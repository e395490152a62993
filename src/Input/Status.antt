-- ===== src/Input/Status.antt =====
-- internal/runtime/input_worker.go: `advance`, `setStatus`, `lagLocked` and `snapshotLocked`.
use market_data_backend.Prelude.{String, Bool, false, [], Option, none, some, if◌then◌else◌}
use market_data_backend.Prelude.Int.{ℤ, pos, ltb_ℤ, ◌-ℤ◌, wrap64}
use market_data_backend.Model.{Time, GroupInput, MarketGroup, StreamRuntimeStatus}
use market_data_backend.Model.ActualStatus
use market_data_backend.Input.Config.{BatchConfig, batch_with_defaults, input_id}
use market_data_backend.Input.Types.{Message, InputWorker}

unfoldable pub new_input_worker :
    MarketGroup → GroupInput → String → BatchConfig → Bool → InputWorker
unfolding batch_with_defaults
new_input_worker group in_ node_id batch has_callback = record {
  group = group;
  input = in_;
  node_id = node_id;
  batch = batch_with_defaults batch;
  flush_on_stop = false;
  has_callback = has_callback;
  status = ActualStatus.running;
  last_err = "";
  partition = 0;
  committed_offset = none;
  high_wm = none;
  last_event = none;
  last_proc = none;
  last_delta_by_partition = [];
  loaded_progress = [];
  durable_by_partition = [];
  snapshot_reset_seq = none;
  snapshot_reset_last_update = none;
  log = [];
}

unfoldable pub set_status : InputWorker → String → String → InputWorker
set_status iw status last_err = record iw { status = status; last_err = last_err }

abbrev pub newer {ℓ} : {A : Type ℓ} → Option A → Option A → Option A
newer (some x) old = some x
newer none old = old

unfoldable pub advance : InputWorker → Message → Option Time → Time → InputWorker
advance iw msg event_time now = record iw {
  partition = msg.partition;
  committed_offset = some msg.offset;
  high_wm = if ltb_ℤ (pos 0) msg.high_watermark then some msg.high_watermark else iw.high_wm;
  last_event = newer event_time iw.last_event;
  last_proc = some now;
}

-- Both subtractions are on `int64`.
abbrev pub raw_lag : ℤ → ℤ → ℤ
raw_lag committed high_wm = wrap64 (wrap64 (high_wm -ℤ committed) -ℤ pos 1)

unfoldable pub lag_locked : Option ℤ → Option ℤ → Option ℤ
lag_locked (some committed) (some high_wm) =
    let lag = raw_lag committed high_wm in some (if ltb_ℤ lag (pos 0) then pos 0 else lag)
lag_locked _ _ = none

unfoldable pub snapshot_locked : InputWorker → String → String → StreamRuntimeStatus
unfolding lag_locked input_id
snapshot_locked iw status last_err = record {
  input_id = input_id iw.input;
  group_id = iw.group.group_id;
  stream_key = iw.input.stream_key;
  node_id = iw.node_id;
  actual_status = status;
  kafka_partition = some iw.partition;
  kafka_lag = lag_locked iw.committed_offset iw.high_wm;
  committed_offset = iw.committed_offset;
  high_watermark_offset = iw.high_wm;
  last_event_time = iw.last_event;
  last_processed_time = iw.last_proc;
  last_error = last_err;
}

Your goal ▸ Each line in the entries above, starting at the line with "high_wm = if" and ending at the line with "lag_locked (some committed)", is to be printed exactly, and only those lines.

Answer to this task ▸
  high_wm = if ltb_ℤ (pos 0) msg.high_watermark then some msg.high_watermark else iw.high_wm;
  last_event = newer event_time iw.last_event;
  last_proc = some now;
}

-- Both subtractions are on `int64`.
abbrev pub raw_lag : ℤ → ℤ → ℤ
raw_lag committed high_wm = wrap64 (wrap64 (high_wm -ℤ committed) -ℤ pos 1)

unfoldable pub lag_locked : Option ℤ → Option ℤ → Option ℤ
lag_locked (some committed) (some high_wm) =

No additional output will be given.